I found her chatting to her cousin, Nate's new mate, and a few other girls from her pack. Two of whom I'm sure I'd screwed on previous visits to the Northwest. Cammy was giggling and glowing radiantly as she had been all night, either not knowing or not caring about my past discretions. Cammy. That's what everyone was calling her. Leaning on a wall, I watched my girl. Fuck, she was beautiful. I had obviously noticed her before. How could I not? Legs that looked as good as sin, the curve over her shapely hips and the snatch of her tiny waist. And her boobs, as plump and shapely as her tiny body allowed. But she was too young. Or so I had thought. Younger than my 22 years. And I had believed her to be younger then her actual age previously. Now I realized that it was her innocence making her seem so young. So untouchable. I felt apprehensive around her and it irked me just the tiniest bit that her innocence placed so much weight on my shoulders, making me vulnerable in front of Alpha Gerald tonight. Although I held respect for the man, he was still beneath me.

I'd always had easy girls and never cared if I hurt their feelings before. The type that flocked to me and allowed me to pick them up with little to no effort on my part. But she wasn't an easy type of girl. She was delicate, like a little flower. The type of girl that I had no experience with. And I didn't want to hurt her. I was afraid that I would. No! Fuck, -that didn't feel right. I would protect her. I wouldn't be with her the way I had always been with girls. She was mine. Not some one night stand. I could give some of myself to her. Treat her right. Be gentle and do shit that good men did. For her, I could try to be a good man, right? Was it even possible to not treat a girl like her right?

She must have sensed my internal debacle because she looked over at me and gave me a shy smile. That blush that I was already addicted to coloring her cheeks. I could feel her joy grow warmer and softer as she held my gaze. She wanted me around her. That made me smile at her in return.

I slowly approached her and offered her my hand. Which she took. "Ladies, I hope you don't mind me stealing my mate away for a few moments?" I asked, all chivalrous and shit. Making them giggle and oooh and aaaah. Cammy's blush flushed red and she buried her head against my shoulder for a moment before flashing her brillant smile at me. For me. That smile on her beautiful face was because of me. I'd put that there. One of the girls placed her hand on my bicep and giggled, "Oh Kai, you're always such a sweet talker!" her voice dripping with innuendo and shamelessly hinted at familiarity with me.
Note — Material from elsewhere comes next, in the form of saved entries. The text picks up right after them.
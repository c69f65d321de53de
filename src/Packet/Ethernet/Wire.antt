-- ===== src/Packet/Ethernet/Wire.antt =====
-- Whole frames: `PacketParser::decodeUntil` finds the payload that was put into them.
use timing_proxy.Base.{
  ℕ, ◌+◌, ◌*◌, ◌/◌, ◌%◌, ◌^◌, ◌<◌, ◌≤◌, ◌≡◌, refl, ◌∙◌, subst, false, ltb, some, List, [], ◌∷◌,
  ◌++◌, length, length-append, arith, ok,
}
use timing_proxy.Packet.Memory.{Memory, sub_size, load16}
use timing_proxy.Packet.Memory.Holds.{
  Holds, Holds-left, Holds-right, Holds-self, load16-Holds, load16-from_zero, ntohs-swapped,
  swapped,
}
use timing_proxy.Packet.Types.{Layer, ethernet, same_layer, tcp, Artefacts, Decoded, Inet}
use timing_proxy.Packet.Ipv4
use timing_proxy.Packet.Ipv6
use timing_proxy.Packet.Tcp.Wire as TcpWire
use timing_proxy.Packet.Ipv4.Wire as Ipv4Wire
use timing_proxy.Packet.Ipv4.Wire.{addressed}
use timing_proxy.Packet.Ethernet.{
  EthernetParser, parse_header, decode_until, decode_packet, new_ethernet_parser,
}
use timing_proxy.Packet.Wire.{
  EthernetHeader, IsEthernetHeader, print_ethernet, Ipv4Header, IsIpv4Header, print_ipv4,
  print_address4, TcpHeader, IsTcpHeader, print_tcp,
}

-- What the parser holds after a header.
abbrev parsed : EthernetHeader → ℕ → EthernetParser
parsed h size = record {
  base = record {
    packet = some 0;
    payload = some 14;
    packet_size = size;
    payload_size = sub_size size 14;
  };
  dhost_addr = some 0;
  shost_addr = some 6;
  type = h.type;
}

module _ (m : Memory) (size : ℕ) (h : EthernetHeader) (good : IsEthernetHeader h)
    (held : Holds m 0 (print_ethernet h)) (big : 14 ≤ size) where
  -- The type stands behind the two addresses.
  held_type : Holds m 12 ((h.type / 256) ∷ (h.type % 256) ∷ [])
  held_type =
      let e : 0 + length (h.dhost ++ h.shost) ≡ 12 =
        omega (arith, length-append h.dhost h.shost, good.dhost, good.shost) in
      subst (λ (n : ℕ). Holds m n ((h.type / 256) ∷ (h.type % 256) ∷ [])) e
        (Holds-right m 0 (h.dhost ++ h.shost) _ held)

  parse_header-print :
      (this : EthernetParser) → parse_header m this (some 0) size ≡ ok (parsed h size)
  unfolding parse_header
  parse_header-print this =
      let size_ok : ltb size 14 ≡ false = ground arith in
      let word : load16 m (some 0) 12 ≡ ok (swapped h.type) =
        load16-from_zero m 12
        ∙ load16-Holds m 12 ((h.type / 256) ∷ (h.type % 256) ∷ []) held_type 0 h.type refl refl in
      rw (size_ok, word, ntohs-swapped h.type good.type)

  pub decode_packet-ipv4 :
      (inet : Inet) (layer : Layer) (a : Artefacts)
      → same_layer layer ethernet ≡ false
      → h.type ≡ 0x0800
      → decode_packet inet layer m (some 0) size a
        ≡ Ipv4.decode_until inet layer m (some 14) (sub_size size 14) a
  unfolding decode_packet decode_until
  decode_packet-ipv4 inet layer a deeper e = rw (parse_header-print new_ethernet_parser, deeper, e)

  pub decode_packet-ipv6 :
      (inet : Inet) (layer : Layer) (a : Artefacts)
      → same_layer layer ethernet ≡ false
      → h.type ≡ 0x86dd
      → decode_packet inet layer m (some 0) size a
        ≡ Ipv6.decode_until inet layer m (some 14) (sub_size size 14) a
  unfolding decode_packet decode_until
  decode_packet-ipv6 inet layer a deeper e = rw (parse_header-print new_ethernet_parser, deeper, e)

-- A frame: its header, the IP packet, and what the sender padded it with.
abbrev pub frame4 : EthernetHeader → Ipv4Header → List ℕ → List ℕ → List ℕ
frame4 eth ip body trailer = print_ethernet eth ++ (print_ipv4 ip ++ (body ++ trailer))

pub length-print_ethernet :
    (eth : EthernetHeader) → IsEthernetHeader eth → length (print_ethernet eth) ≡ 14
length-print_ethernet eth good = omega (
  arith,
  length-append (eth.dhost ++ eth.shost) ((eth.type / 256) ∷ (eth.type % 256) ∷ []),
  length-append eth.dhost eth.shost,
  good.dhost,
  good.shost,
)

module _ (eth : EthernetHeader) (ip : Ipv4Header) (body trailer : List ℕ)
    (good_eth : IsEthernetHeader eth) (good_ip : IsIpv4Header ip) where
  held_eth : Holds (frame4 eth ip body trailer) 0 (print_ethernet eth)
  held_eth =
      Holds-left _ 0 (print_ethernet eth) (print_ipv4 ip ++ (body ++ trailer))
        (Holds-self (frame4 eth ip body trailer))

  held_rest : Holds (frame4 eth ip body trailer) 14 (print_ipv4 ip ++ (body ++ trailer))
  held_rest =
      let e : 0 + length (print_ethernet eth) ≡ 14 =
        omega (arith, length-print_ethernet eth good_eth) in
      subst (λ (n : ℕ). Holds (frame4 eth ip body trailer) n (print_ipv4 ip ++ (body ++ trailer))) e
        (Holds-right _ 0 (print_ethernet eth) _ (Holds-self (frame4 eth ip body trailer)))

  held_ip : Holds (frame4 eth ip body trailer) 14 (print_ipv4 ip)
  held_ip = Holds-left _ 14 (print_ipv4 ip) (body ++ trailer) held_rest

  held_body : Holds (frame4 eth ip body trailer) (14 + ip.ihl * 4) body
  held_body =
      let e : 14 + length (print_ipv4 ip) ≡ 14 + ip.ihl * 4 = omega (arith, good_ip.words) in
      Holds-left _ (14 + ip.ihl * 4) body trailer (
        subst (λ (n : ℕ). Holds (frame4 eth ip body trailer) n (body ++ trailer)) e
          (Holds-right _ 14 (print_ipv4 ip) (body ++ trailer) held_rest))

  length-frame4 :
      length (frame4 eth ip body trailer) ≡ 14 + ip.ihl * 4 + length body + length trailer
  length-frame4 = omega (
    arith,
    length-append (print_ethernet eth) (print_ipv4 ip ++ (body ++ trailer)),
    length-append (print_ipv4 ip) (body ++ trailer),
    length-append body trailer,
    length-print_ethernet eth good_eth,
    good_ip.words,
  )

-- What decoding a frame with a TCP segment gives, before anything is known of the two lengths.
abbrev pub decoded4_tcp : Ipv4Header → TcpHeader → List ℕ → List ℕ → Artefacts → Decoded
decoded4_tcp ip h src dst a = record {
  payload = some (14 + ip.ihl * 4 + h.offset * 4);
  payload_size = sub_size (sub_size ip.total_length (ip.ihl * 4)) (h.offset * 4);
  artefacts = record (addressed src dst a) {
    payload_type = tcp;
    src_port = h.sport;
    dst_port = h.dport;
  };
}

module _ (inet : Inet) (eth : EthernetHeader) (ip : Ipv4Header) (h : TcpHeader)
    (payload trailer : List ℕ) (good_eth : IsEthernetHeader eth) (good_ip : IsIpv4Header ip)
    (good_tcp : IsTcpHeader h) (padded : length payload + length trailer < 2 ^ 32) where
  -- The payload stands behind the three headers.
  pub held_payload :
      Holds
        (frame4 eth ip (print_tcp h ++ payload) trailer)
        (14 + ip.ihl * 4 + h.offset * 4)
        payload
  held_payload =
      let at : 14 + ip.ihl * 4 + length (print_tcp h) ≡ 14 + ip.ihl * 4 + h.offset * 4 =
        omega (arith, good_tcp.words) in
      let frame = frame4 eth ip (print_tcp h ++ payload) trailer in
      subst (λ (n : ℕ). Holds frame n payload) at
        (Holds-right frame (14 + ip.ihl * 4) (print_tcp h) payload
          (held_body eth ip (print_tcp h ++ payload) trailer good_eth good_ip))

  long_enough : 20 ≤ sub_size (length (frame4 eth ip (print_tcp h ++ payload) trailer)) 14
  long_enough = omega (
    arith,
    length-frame4 eth ip (print_tcp h ++ payload) trailer good_eth good_ip,
    length-append (print_tcp h) payload,
    good_ip.words,
    good_ip.ihl,
    good_tcp.words,
    good_tcp.offset,
  )

  pub decode_packet-print :
      (src dst : List ℕ) (a : Artefacts)
      → eth.type ≡ 0x0800
      → ip.protocol ≡ 6
      → 20 ≤ sub_size ip.total_length (ip.ihl * 4)
      → inet.ntop4 (print_address4 ip.src) ≡ some src
      → inet.ntop4 (print_address4 ip.dst) ≡ some dst
      → let frame = frame4 eth ip (print_tcp h ++ payload) trailer in
        decode_packet inet tcp frame (some 0) (length frame) a ≡ ok (decoded4_tcp ip h src dst a)
  decode_packet-print src dst a type proto room src_ok dst_ok =
      let body = print_tcp h ++ payload in
      let frame = frame4 eth ip body trailer in
      rw (
        decode_packet-ipv4 frame (length frame) eth good_eth
            (held_eth eth ip body trailer good_eth good_ip)
            (omega (arith, length-frame4 eth ip body trailer good_eth good_ip)) inet tcp a refl
            type,
        Ipv4Wire.decode_until-tcp inet frame 14 (sub_size (length frame) 14) ip good_ip
            (held_ip eth ip body trailer good_eth good_ip) long_enough src dst src_ok dst_ok a
            proto,
        TcpWire.decode_until-print frame (14 + ip.ihl * 4) (sub_size ip.total_length (ip.ihl * 4)) h
            good_tcp
            (Holds-left frame (14 + ip.ihl * 4) (print_tcp h) payload
              (held_body eth ip body trailer good_eth good_ip))
            room (addressed src dst a),
      )

-- A TCP segment in an IPv4 packet in a frame: decoding gives the address of the payload in the frame
-- and its length, not the trailer's, and the addresses and ports of the headers.
pub decode_packet-frame4_tcp :
    (inet : Inet) (eth : EthernetHeader) (ip : Ipv4Header) (h : TcpHeader)
    (payload trailer : List ℕ) (src dst : List ℕ) (a : Artefacts)
    → IsEthernetHeader eth
    → IsIpv4Header ip
    → IsTcpHeader h
    → eth.type ≡ 0x0800
    → ip.protocol ≡ 6
    → ip.total_length ≡ ip.ihl * 4 + (h.offset * 4 + length payload)
    → length payload + length trailer < 2 ^ 32
    → inet.ntop4 (print_address4 ip.src) ≡ some src
    → inet.ntop4 (print_address4 ip.dst) ≡ some dst
    → let frame = frame4 eth ip (print_tcp h ++ payload) trailer in
      let start = 14 + ip.ihl * 4 + h.offset * 4 in
      (decode_packet inet tcp frame (some 0) (length frame) a
        ≡ ok (record {
          payload = some start;
          payload_size = length payload;
          artefacts = record (addressed src dst a) {
            payload_type = tcp;
            src_port = h.sport;
            dst_port = h.dport;
          };
        }))
      × Holds frame start payload
decode_packet-frame4_tcp inet eth ip h payload trailer src dst a good_eth good_ip good_tcp type
      proto total padded src_ok dst_ok =
    let size : sub_size (sub_size ip.total_length (ip.ihl * 4)) (h.offset * 4) ≡ length payload =
      omega (arith, good_ip.total_length, total) in
    let room : 20 ≤ sub_size ip.total_length (ip.ihl * 4) =
      omega (arith, good_ip.total_length, total, good_tcp.words) in
    (
      rw (← size) (
          decode_packet-print inet eth ip h payload trailer good_eth good_ip good_tcp padded src dst
            a type proto room src_ok dst_ok),
      held_payload inet eth ip h payload trailer good_eth good_ip good_tcp padded,
    )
I glanced over her head at Cammy's grandparents who were watching us. Her grandmother was wearing nearly an identical smile to Cammy, obviously not noticing what the slag in front of us was doing. But Alpha Gerald's gaze bored into mine, reiterating the warning in our earlier conversation. I shrugged off her hand and gave her a hard gaze that made her instinctively step back. I looked back at Alpha Gerald and gave him a slight nod, showing him that I was serious about honouring Cameron. She will never feel beneath any under woman.

I glanced back at her. She was looking uncertainly at her slag friend and back at me, obviously picking up on the tension in the air. I led her onto the now empty dance floor and away from that shit. I began to sway us around while she laid her head on my chest and my arms circled her waist. I was astounded that such a tiny woman fit against me like we were two parts of a whole. I grazed my nose on the top of her hair. She smelled so good.

I knew I was stalling, by dancing with her while her party guests stood on the outskirts of the dance floor watching. They wouldn't leave until both the mate-bonded coupes left for the night out of respect due to our high statuses.

Nervous. Her innocence made me fucking nervous. I didn't want to do the same shit I always did. With her, tonight would be more than just sex. Tonight we would be sealing our fate. Because after tonight, I'd never be just 'Kai' again. I would always have someone to look after now. The nerves didn't stop the heat that coursed through my body at having hers pressed up against mine. And like fuck did it do anything to calm the beast inside. If anything, it spurred him on, pushing me to claim and mark her as my own.

"Let's get out of here." I whispered in her ear.